Stored data entries:
——————

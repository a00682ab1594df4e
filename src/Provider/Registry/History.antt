-- ===== src/Provider/Registry/History.antt =====
-- What the registry of fprovider/src/registry.rs holds after a history of changes.
use fiddlesticks.Base.{
  Bool, true, false, Option, none, some, List, [], ◌∷◌, ◌≡◌, refl, ap, ◌∙◌, if◌then◌else◌, ◌==◌,
}
use fiddlesticks.Base.Map.{is_some}
use fiddlesticks.Common.Registry as Common
use fiddlesticks.Provider.Model.{ProviderId}
use fiddlesticks.Provider.Stream.{ModelProvider}
use fiddlesticks.Provider.Registry.{
  ProviderRegistry, provider_id_eq, tag_iff, new, register, get, remove, contains,
}

-- A change of a registry.
pub data Change (W : Type 0) : Type 0 where
  registered : ModelProvider W → Change W
  removed : ProviderId → Change W

module _ {W : Type 0} where
  -- The registry after the changes, the latest first.
  unfoldable pub replay : List (Change W) → ProviderRegistry W
  replay [] = new
  replay (registered p ∷ h) = register (replay h) p
  replay (removed i ∷ h) = (remove (replay h) i).1

  -- The id that a change is about, and the provider that it leaves there.
  subject : Change W → ProviderId
  subject (registered p) = p.id
  subject (removed i) = i

  left_there : Change W → Option (ModelProvider W)
  left_there (registered p) = some p
  left_there (removed i) = none

  -- What the latest change about an id left there.
  unfoldable pub latest : List (Change W) → ProviderId → Option (ModelProvider W)
  unfolding subject left_there
  latest [] i = none
  latest (c ∷ h) i = if subject c == i then left_there c else latest h i

  get-replay : (h : List (Change W)) (i : ProviderId) → get (replay h) i ≡ latest h i
  unfolding get replay latest subject left_there new register remove
  get-replay [] i = Common.get-new i
  get-replay (registered p ∷ h) i =
      (Common.insert_lem (replay h).providers p.id i p).1
      ∙ ap (λ o. if p.id == i then some p else o) (get-replay h i)
  get-replay (removed j ∷ h) i =
      (Common.remove_lem (replay h).providers j i).1
      ∙ ap (λ o. if j == i then none else o) (get-replay h i)

  -- A provider is found under its own id.
  abbrev pub Own : ProviderId → Option (ModelProvider W) → Type 0
  Own i none = Unit
  Own i (some p) = p.id ≡ i

  choose-Own :
      (i : ProviderId) (b : Bool) (o rest : Option (ModelProvider W))
      → (b ≡ true → Own i o)
      → Own i rest
      → Own i (if b then o else rest)
  choose-Own i true o rest f r = f refl
  choose-Own i false o rest f r = r

  left_there-Own : (c : Change W) (i : ProviderId) → (subject c == i) ≡ true → Own i (left_there c)
  unfolding subject left_there
  left_there-Own (registered p) i e = (tag_iff p.id i).0 e
  left_there-Own (removed j) i e = tt

  latest-Own : (h : List (Change W)) (i : ProviderId) → Own i (latest h i)
  unfolding latest
  latest-Own [] i = tt
  latest-Own (c ∷ h) i =
      choose-Own i (subject c == i) (left_there c) (latest h i) (left_there-Own c i)
        (latest-Own h i)

  -- After any changes the registry has at an id what the latest change about that id left there: the
  -- provider that was registered, or nothing if it was removed or never registered. `get`, `remove`
  -- and `contains` agree on it, and the provider's own id is that id.
  pub replay-Own :
      (h : List (Change W)) (i : ProviderId)
      → (get (replay h) i ≡ latest h i)
        × ((remove (replay h) i).0 ≡ latest h i)
        × (contains (replay h) i ≡ is_some (latest h i))
        × Own i (latest h i)
  unfolding get remove contains
  replay-Own h i =
      let held = get-replay h i in
      (
        held,
        (Common.remove_lem (replay h).providers i i).0 ∙ held,
        Common.contains_key_lem (replay h).providers i ∙ ap is_some held,
        latest-Own h i,
      )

——————

**Task requirements:** Please output exactly the lines between the one holding "replay (registered p ∷ h) = register" and the one holding "left_there : Change" in the records above, inclusive, and nothing more.

**Exercise answer:**
  replay (registered p ∷ h) = register (replay h) p
  replay (removed i ∷ h) = (remove (replay h) i).1

  -- The id that a change is about, and the provider that it leaves there.
  subject : Change W → ProviderId
  subject (registered p) = p.id
  subject (removed i) = i

  left_there : Change W → Option (ModelProvider W)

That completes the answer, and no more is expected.